On another note, we had 2 bow outs on our first day heading North on highway 5. The first was in Corning, CA and then the 2nd was in Weed, CA

Like most campers, we only carry 1 spare and it happened after hours, so no tire shops are open&#8230;... Long story short, we made it to Walmart in Yreka,CA for the night until Les Schwab opened in the morning...we purchased all 4 new tires and went with 15" wheels, and now we have 2 spares! Not sure what happened because our tires were only 3 years old and never in the sun when stored.

There was some damage to the j skirt, and the fender skirt was ripped off and the underneath membrane was ripped. Luckily, no one was hurt!

After getting 4 new tires and 15" rims in 45 minutes, we headed to Ashland, OR to the next Les Schwab to have them re-torque the wheels. We were in and out of that Les Schwab in less than 10 min. They were awesome and I'd go back to them in the future. They really took care of us.

&#8230;&#8230;&#8230;&#8230;&#8230;&#8230;..AND THAT'S MY LES SCHWAB STORY!

So, now we have a claim with our insurance to get the outside fixed and we will have to take care of the tub either by ourselves or the rv shop. We are also purchasing another spare tire carrier and cover so we will always carry 2 spares!

Not sure we can replace our tub w/shelf to a full tub in our model. I think there is plumbing underneath the shelf part of the tub but not sure.
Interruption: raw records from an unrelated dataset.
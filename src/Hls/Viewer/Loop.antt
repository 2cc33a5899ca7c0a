-- ===== src/Hls/Viewer/Loop.antt =====
-- hls.rs, the loop of `flush_viewer_usage` over a database whose upsert adds.
use sentinel_command.Prelude.{
  ℕ, ◌+◌, ◌≡◌, refl, ap, subst, ◌∙◌, Bool, true, false, List, [], ◌∷◌, none, some, if◌then◌else◌,
  All, arith, Bool-cases, inl, inr,
}
use sentinel_command.Prelude.Int.{ℤ, pos, ◌+ℤ◌, leb_ℤ, int_laws}
use sentinel_command.Interfaces.{◌==◌, pair_eq, pair_beq_iff}
use sentinel_command.Text.{text_eq}
use sentinel_command.Assoc.{Assoc, Distinct}
use sentinel_command.Assoc
use sentinel_command.Assoc.Laws as AssocLaws
use sentinel_command.Hls.Viewer.{
  OrgMonth, ViewerUsage, or_zero, UsageDb, Upserted, i32_max, to_i32, record_viewer_second,
  flush_loop,
}

-- The upsert of the statement: as long as the sum is within the column's 32 bits, it adds to the
-- row's total, makes the row if it is missing, and answers with the new total. It touches no other
-- row.
pub record Adds (u : UsageDb) : Type 0 where
  pub answers :
      (db : u.Db) (key : OrgMonth) (delta : ℤ)
      → leb_ℤ (or_zero (u.query db key) +ℤ delta) i32_max ≡ true
      → (u.upsert db key delta).1 ≡ Upserted.total (or_zero (u.query db key) +ℤ delta)
  pub stores :
      (db : u.Db) (key : OrgMonth) (delta : ℤ)
      → leb_ℤ (or_zero (u.query db key) +ℤ delta) i32_max ≡ true
      → u.query (u.upsert db key delta).0 key ≡ some (or_zero (u.query db key) +ℤ delta)
  pub leaves :
      (db : u.Db) (key other : OrgMonth) (delta : ℤ)
      → (key == other) ≡ false
      → u.query (u.upsert db key delta).0 other ≡ u.query db other

-- A pending count: positive, and within the column's 32 bits, also with what is stored.
abbrev pub Fits : (u : UsageDb) → u.Db → OrgMonth × ℤ → Type 0
Fits u db entry =
    (leb_ℤ entry.1 (pos 0) ≡ false)
    × (leb_ℤ entry.1 i32_max ≡ true)
    × (leb_ℤ (or_zero (u.query db entry.0) +ℤ entry.1) i32_max ≡ true)

-- The seconds of a key among those that were recorded.
abbrev pub seconds_in : OrgMonth → List OrgMonth → ℕ
seconds_in key [] = 0
seconds_in key (k ∷ ks) = (if k == key then 1 else 0) + seconds_in key ks

-- Viewers watch on: a second for each of the keys.
abbrev pub record_all : List OrgMonth → ViewerUsage → ViewerUsage
record_all [] v = v
record_all (k ∷ ks) v = record_all ks (record_viewer_second v k.0 k.1)

-- The seconds of a key that are recorded while the rows are written.
abbrev pub seconds_during : OrgMonth → (OrgMonth → List OrgMonth) → List (OrgMonth × ℤ) → ℕ
seconds_during key recorded [] = 0
seconds_during key recorded (entry ∷ rest) =
    seconds_in key (recorded entry.0) + seconds_during key recorded rest

to_i32-IsCount : (n : ℤ) → leb_ℤ n (pos 0) ≡ false → leb_ℤ n i32_max ≡ true → to_i32 n ≡ n
to_i32-IsCount n p q = ground arith

pub head_row :
    (key other : OrgMonth) (delta : ℤ) (rest : List (OrgMonth × ℤ))
    → Assoc.get other ((key, delta) ∷ rest)
      ≡ (if key == other then some delta else Assoc.get other rest)
unfolding Assoc.get
head_row key other delta rest = refl

pending-record_viewer_second :
    (v : ViewerUsage) (k key : OrgMonth)
    → or_zero (Assoc.get key (record_viewer_second v k.0 k.1).pending)
      ≡ or_zero (Assoc.get key v.pending) +ℤ pos (if k == key then 1 else 0)
unfolding record_viewer_second
pending-record_viewer_second v k key =
    ap or_zero (AssocLaws.get-insert k key (or_zero (Assoc.get k v.pending) +ℤ pos 1) v.pending)
    ∙ elim (Bool-cases (k == key)) [
      | inl same ↦ rw same (
          ap (λ (j : OrgMonth). or_zero (Assoc.get j v.pending) +ℤ pos 1)
            ((pair_beq_iff k key).0 same))
      | inr ne ↦ rw ne (omega int_laws)
    ]

pub pending-record_all :
    (ks : List OrgMonth) (v : ViewerUsage) (key : OrgMonth)
    → or_zero (Assoc.get key (record_all ks v).pending)
      ≡ or_zero (Assoc.get key v.pending) +ℤ pos (seconds_in key ks)
pending-record_all [] v key = omega int_laws
pending-record_all (k ∷ ks) v key =
    pending-record_all ks (record_viewer_second v k.0 k.1) key
    ∙ rw (pending-record_viewer_second v k key) (omega int_laws)

pub cached-record_all : (ks : List OrgMonth) (v : ViewerUsage) → (record_all ks v).cached ≡ v.cached
unfolding record_viewer_second
cached-record_all [] v = refl
cached-record_all (k ∷ ks) v = cached-record_all ks (record_viewer_second v k.0 k.1)

module _ (u : UsageDb) (laws : Adds u) where
  open u use {Db, query, upsert}

  -- The row of a key after a round on another key, or on its own.
  round_row :
      (db : Db) (key other : OrgMonth) (delta : ℤ)
      → leb_ℤ (or_zero (query db key) +ℤ delta) i32_max ≡ true
      → or_zero (query (upsert db key delta).0 other)
        ≡ (if key == other then or_zero (query db other) +ℤ delta else or_zero (query db other))
  round_row db key other delta fits = elim (Bool-cases (key == other)) [
    | inl same ↦
        (let e = (pair_beq_iff key other).0 same in
          rw same (
            subst
              (λ (k : OrgMonth).
                or_zero (query (upsert db key delta).0 k) ≡ or_zero (query db k) +ℤ delta)
              e (ap or_zero (laws.stores db key delta fits))))
    | inr ne ↦ rw ne (ap or_zero (laws.leaves db key other delta ne))
  ]

  -- One round of the loop on a count.
  pub flush_round :
      (during : OrgMonth → ViewerUsage → ViewerUsage) (key : OrgMonth) (delta : ℤ)
      (rest : List (OrgMonth × ℤ)) (v : ViewerUsage) (db : Db)
      → Fits u db (key, delta)
      → flush_loop u during ((key, delta) ∷ rest) v db
        ≡ flush_loop u during rest
            (record (during key v) {
              cached = Assoc.insert key (or_zero (query db key) +ℤ delta) (during key v).cached;
            })
            (upsert db key delta).0
  unfolding flush_loop
  flush_round during key delta rest v db w =
      ground (arith, to_i32-IsCount delta w.0 w.1, laws.answers db key delta w.2)

  -- What is left of the snapshot still fits after a round on another key.
  pub round-Fits :
      (db : Db) (key : OrgMonth) (delta : ℤ) (rest : List (OrgMonth × ℤ))
      → Assoc.get key rest ≡ none
      → All (Fits u db) rest
      → All (Fits u (upsert db key delta).0) rest
  unfolding Assoc.get
  round-Fits db key delta [] d w = tt
  round-Fits db key delta ((other, n) ∷ rest) d w = elim (Bool-cases (other == key)) [
    | inl same ↦ absurd (ground (arith, d, same))
    | inr ne ↦
        (let apart : (key == other) ≡ false =
            ground (arith, ne, pair_beq_iff key other, pair_beq_iff other key) in
          (
            (w.0.0, w.0.1, rw (laws.leaves db key other delta apart) w.0.2),
            round-Fits db key delta rest (ground (arith, d, ne)) w.1,
          ))
  ]

  row_and_rest :
      (db : Db) (key other : OrgMonth) (delta : ℤ) (rest : List (OrgMonth × ℤ))
      → leb_ℤ (or_zero (query db key) +ℤ delta) i32_max ≡ true
      → Assoc.get key rest ≡ none
      → or_zero (query (upsert db key delta).0 other) +ℤ or_zero (Assoc.get other rest)
        ≡ or_zero (query db other) +ℤ or_zero (Assoc.get other ((key, delta) ∷ rest))
  row_and_rest db key other delta rest fits d = elim (Bool-cases (key == other)) [
    | inl same ↦
        (let absent : Assoc.get other rest ≡ none =
            subst (λ (k : OrgMonth). Assoc.get k rest ≡ none) ((pair_beq_iff key other).0 same) d in
          rw (absent, head_row key other delta rest, round_row db key other delta fits, same)
            (omega int_laws))
    | inr ne ↦ rw (head_row key other delta rest, round_row db key other delta fits, ne) refl
  ]

  pub flush_loop_row :
      (during : OrgMonth → ViewerUsage → ViewerUsage) (rest : List (OrgMonth × ℤ)) (v : ViewerUsage)
      (db : Db) (other : OrgMonth)
      → Distinct rest
      → All (Fits u db) rest
      → or_zero (query (flush_loop u during rest v db).1 other)
        ≡ or_zero (query db other) +ℤ or_zero (Assoc.get other rest)
  unfolding flush_loop Assoc.get
  flush_loop_row during [] v db other d w = omega int_laws
  flush_loop_row during ((key, delta) ∷ rest) v db other d w =
      ap (λ (out : ViewerUsage × Db × Bool). or_zero (query out.1 other))
        (flush_round during key delta rest v db w.0)
      ∙ flush_loop_row during rest _ _ other d.1 (round-Fits db key delta rest d.0 w.1)
      ∙ row_and_rest db key other delta rest w.0.2 d.0

  pub flush_loop-written :
      (during : OrgMonth → ViewerUsage → ViewerUsage) (rest : List (OrgMonth × ℤ)) (v : ViewerUsage)
      (db : Db)
      → Distinct rest
      → All (Fits u db) rest
      → (flush_loop u during rest v db).2 ≡ true
  unfolding flush_loop
  flush_loop-written during [] v db d w = refl
  flush_loop-written during ((key, delta) ∷ rest) v db d w =
      ap (λ (out : ViewerUsage × Db × Bool). out.2) (flush_round during key delta rest v db w.0)
      ∙ flush_loop-written during rest _ _ d.1 (round-Fits db key delta rest d.0 w.1)

  -- What is pending after the loop: what was, and the seconds recorded during the writes.
  pub flush_loop_pending :
      (recorded : OrgMonth → List OrgMonth) (rest : List (OrgMonth × ℤ)) (v : ViewerUsage) (db : Db)
      (other : OrgMonth)
      → Distinct rest
      → All (Fits u db) rest
      → or_zero
          (Assoc.get other (flush_loop u (λ key. record_all (recorded key)) rest v db).0.pending)
        ≡ or_zero (Assoc.get other v.pending) +ℤ pos (seconds_during other recorded rest)
  unfolding flush_loop
  flush_loop_pending recorded [] v db other d w = omega int_laws
  flush_loop_pending recorded ((key, delta) ∷ rest) v db other d w =
      ap (λ (out : ViewerUsage × Db × Bool). or_zero (Assoc.get other out.0.pending))
        (flush_round (λ k. record_all (recorded k)) key delta rest v db w.0)
      ∙ flush_loop_pending recorded rest _ _ other d.1 (round-Fits db key delta rest d.0 w.1)
      ∙ rw (pending-record_all (recorded key) v other) (omega int_laws)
Anyone, know what's under the shelf part of our tub in a 2004 21RS?


----------



## CamperAndy (Aug 26, 2004)

I feel your pain about the blow outs. Les Schwab in Electric City was really helpful for us this year after a blow out we had on the way to a camping trip but they messed up when we got home to Coeur d Alene. I decided to replace the remaining tires after inspecting them and finding one of the remaining three also had a broken belt. So of the three tire that were pulled off I didn't want to throw away two of them as hey were in very good condition. I purchased 2 two rims and told them to mount the two good tires, this was to give me 3 spares!!! I made the mistake of not inspecting them as they put them in the truck. When I took them out a couple of weeks later one was obviously the one with the broken belt. Les Schwab didn't really want to own up to it and actually said the belt must have broken while the tire was sitting in the bed of my truck! Anyway they finally said they would take 40% off a new tire but that still ended up being $80 more than I should have spent had they put the good tire on the rim.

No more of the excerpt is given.